Online Disciplemaking

A Comprehensive Course in Biblical Discipleship

Welcome to the growing number of God’s people around the world who desire to learn how to follow Jesus’ strategy and methods for evangelizing, nurturing, influencing, training, and developing people to know God and live under His sovereign rule and reign. What is causing them to reconsider Jesus and the way He trained and shaped the lives of the Twelve to follow Him without reservation and to take the gospel to every nation? Perhaps it is something they heard, read, or experienced about the church’s ineffectiveness and superficiality in the modern world.1 Another possibility is that some have tired of the many creative, attractive, and expensive programs designed to attract new people to church to hear paid professionals. They have not seen these efforts produce lasting fruit nor a leadership commitment to help new believers progressively grow in conformity to Jesus Christ. Whatever the reason, many are now longing to be passionately engaged in a relational ministry of spiritual multiplication rather than sitting on the sidelines watching from afar. They have been called to serve and are interested in personally spending time with a few people who need their love, encouragement, leadership, guidance, instruction, and accountability until they become spiritually mature in Christ and are able, in time, to begin investing in others who can also reach and disciple others.

About this Course

This course of study is designed to help you better understand and obey the Great Commission of Jesus Christ by the power of the Holy Spirit (Mt. 28:18-20; Acts 1:8) and to prepare you to become a mature, reproducing disciple by the grace of God and according to the Word of God. It is a great privilege, as well as our collective duty, to be involved in building Christ’s church by following His example and the principles, patterns, and methods He employed when He trained the Twelve. “Our responsibility,” says Dr. Howard Hendricks, “is to do the best we can to bring our own lives under Christ’s lordship and then influence the handful of people God brings our way to do the same.”2 This should be a life-long endeavor, as Hendricks reminds us: “You will never retire from the Christian life, which means that until the day you die, someone somewhere ought to have the benefit of gleaning from your life.”3

The Means of Penetrating the World

Jesus reminded His disciples, “You did not choose Me, but I chose you, and appointed you, that you should go and bear fruit, and that your fruit should remain” (Jn. 15:16a).

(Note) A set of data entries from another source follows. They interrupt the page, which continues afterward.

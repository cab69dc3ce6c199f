-- ===== src/Session/Store/Rows.antt =====
-- pkgs/host/session/src/store.rs: the rows of a session in the order of `seq`.
use jan_klod.Common.{
  ℕ, ◌+◌, ◌≤◌, ◌<◌, ◌≡◌, refl, ap, String, false, List, [], ◌∷◌, ◌++◌, arith, retain-append, All,
  str_eq, eq_iff, eq_refl, append-nil, Bool-cases, inl, inr, ◌≢◌,
}
use jan_klod.Session.Store.{Row, insert_by_seq, order_by_seq, of_session, max_seq, session_rows}

-- Every row of a list is below `n`.
abbrev pub Below : ℕ → List Row → Type 0
Below n = All (λ (r : Row). r.seq < n)

-- The rows stand in the order of `seq`, with no two alike.
abbrev pub IsIncreasing : List Row → Type 0
IsIncreasing [] = Unit
IsIncreasing (r ∷ rs) = All (λ (x : Row). r.seq < x.seq) rs × IsIncreasing rs

insert_by_seq-concat :
    (r m : Row) (xs : List Row)
    → r.seq < m.seq
    → insert_by_seq r (xs ++ m ∷ []) ≡ insert_by_seq r xs ++ m ∷ []
unfolding insert_by_seq
insert_by_seq-concat r m [] h = ground arith
insert_by_seq-concat r m (x ∷ xs) h = ground (arith, insert_by_seq-concat r m xs)

pub order_by_seq-concat :
    (xs : List Row) (m : Row)
    → Below m.seq xs
    → order_by_seq (xs ++ m ∷ []) ≡ order_by_seq xs ++ m ∷ []
unfolding order_by_seq
order_by_seq-concat [] m h = unfold insert_by_seq in refl
order_by_seq-concat (x ∷ xs) m (h, hs) =
    rw (order_by_seq-concat xs m hs) (insert_by_seq-concat x m (order_by_seq xs) h)

-- A list that is in order already is left as it is.
pub order_by_seq-of_IsIncreasing : (xs : List Row) → IsIncreasing xs → order_by_seq xs ≡ xs
unfolding order_by_seq
order_by_seq-of_IsIncreasing [] h = refl
order_by_seq-of_IsIncreasing (x ∷ xs) (h, hs) =
    rw (order_by_seq-of_IsIncreasing xs hs) (first x xs h)
  where
    first :
        (x : Row) (xs : List Row)
        → All (λ (y : Row). x.seq < y.seq) xs
        → insert_by_seq x xs ≡ x ∷ xs
    first x [] h = unfold insert_by_seq in refl
    first x (y ∷ ys) (h, hs) = unfold insert_by_seq in ground arith

pub Below-mono : (m n : ℕ) (xs : List Row) → m ≤ n → Below m xs → Below n xs
Below-mono m n [] h k = tt
Below-mono m n (x ∷ xs) h (k, ks) = (omega arith, Below-mono m n xs h ks)

pub max_seq-Below : (xs : List Row) → Below (max_seq xs + 1) xs
unfolding max_seq
max_seq-Below [] = tt
max_seq-Below (x ∷ xs) = (omega arith, Below-mono _ _ xs (omega arith) (max_seq-Below xs))

pub str_eq-ne : (s t : String) → s ≢ t → str_eq s t ≡ false
str_eq-ne s t h = elim (Bool-cases (str_eq s t)) [
  | inl e ↦ absurd (h ((eq_iff s t).0 e))
  | inr e ↦ e
]

-- A row that is added last, above all others of its session, is last of its session.
pub session_rows-concat :
    (rows : List Row) (m : Row)
    → Below m.seq (of_session m.session rows)
    → session_rows (record { events = rows ++ m ∷ [] }) m.session
      ≡ session_rows (record { events = rows }) m.session ++ m ∷ []
unfolding session_rows
session_rows-concat rows m h =
    rw (retain-append (λ r. str_eq r.session m.session) rows (m ∷ []), eq_refl m.session)
      (order_by_seq-concat (of_session m.session rows) m h)

pub session_rows-concat_other :
    (rows : List Row) (m : Row) (other : String)
    → m.session ≢ other
    → session_rows (record { events = rows ++ m ∷ [] }) other
      ≡ session_rows (record { events = rows }) other
unfolding session_rows
session_rows-concat_other rows m other h =
    rw (retain-append (λ r. str_eq r.session other) rows (m ∷ []), str_eq-ne m.session other h)
      (ap order_by_seq (append-nil (of_session other rows)))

Becoming an effective and fruitful disciplemaker involves a process in which we recognize that we have been justified by grace alone through Christ alone, are being sanctified by the work of God’s free grace, and are unreservedly committed to kingdom service in His name. Like John the Baptist, we are called to “bear witness of the light, that all might believe through him” (Jn. 1:7). “The calling of the kingdom,” Dr. Edmund Clowney noted, “is the power of God that brings us from darkness into light and sets us as lights in the darkness.”4 “Freely you received, freely give,” Jesus instructed His disciples (Mt. 10:8). We must not “remain insulated and isolated from the world” when we are “commanded to penetrate it. How can we be the salt of the earth if we never get out of the salt-shaker?”5

From the beginning, the mission of Jesus involved sending His disciples to those who were living in spiritual darkness without hope (Eph. 2:12; Mt. 10). Jesus prayed to His Father, “As Thou didst send Me into the world, I also have sent them into the world” (Jn. 15:18). Jesus’ strategy for spreading the gospel to every nation was costly to Him (I Cor. 6:20) and requires all of His followers to make whatever sacrifices are necessary to accomplish His colossal mission. C.T. Studd renounced all of his inherited wealth and popularity as a Cambridge cricket player to serve Christ in China, India, and Africa. At the age of 52, he wrote these words: “If Jesus Christ be God and died for me, then no sacrifice can be too great for me to make for Him.”6 The German theologian Dietrich Bonhoeffer wrote powerfully about the cost of discipleship: “The only man who has the right to say that he is justified by grace alone is the man who has left all to follow Christ.”7 Our obedience and unconditional surrender to His will demonstrates our love for Jesus (Jn. 14:21). We must align our purpose in life with God’s eternal purpose. In other words, as Dr. Clowney says, “The purpose of your life must be the purpose of Christ’s death.”8 We are called by Him to proclaim the good news of the life, death, and resurrection of Jesus Christ to a lost world, submit to His lordship in every area of our lives by His grace, and faithfully walk alongside others so that they, too, may know, love, and follow Him. This is biblical discipleship.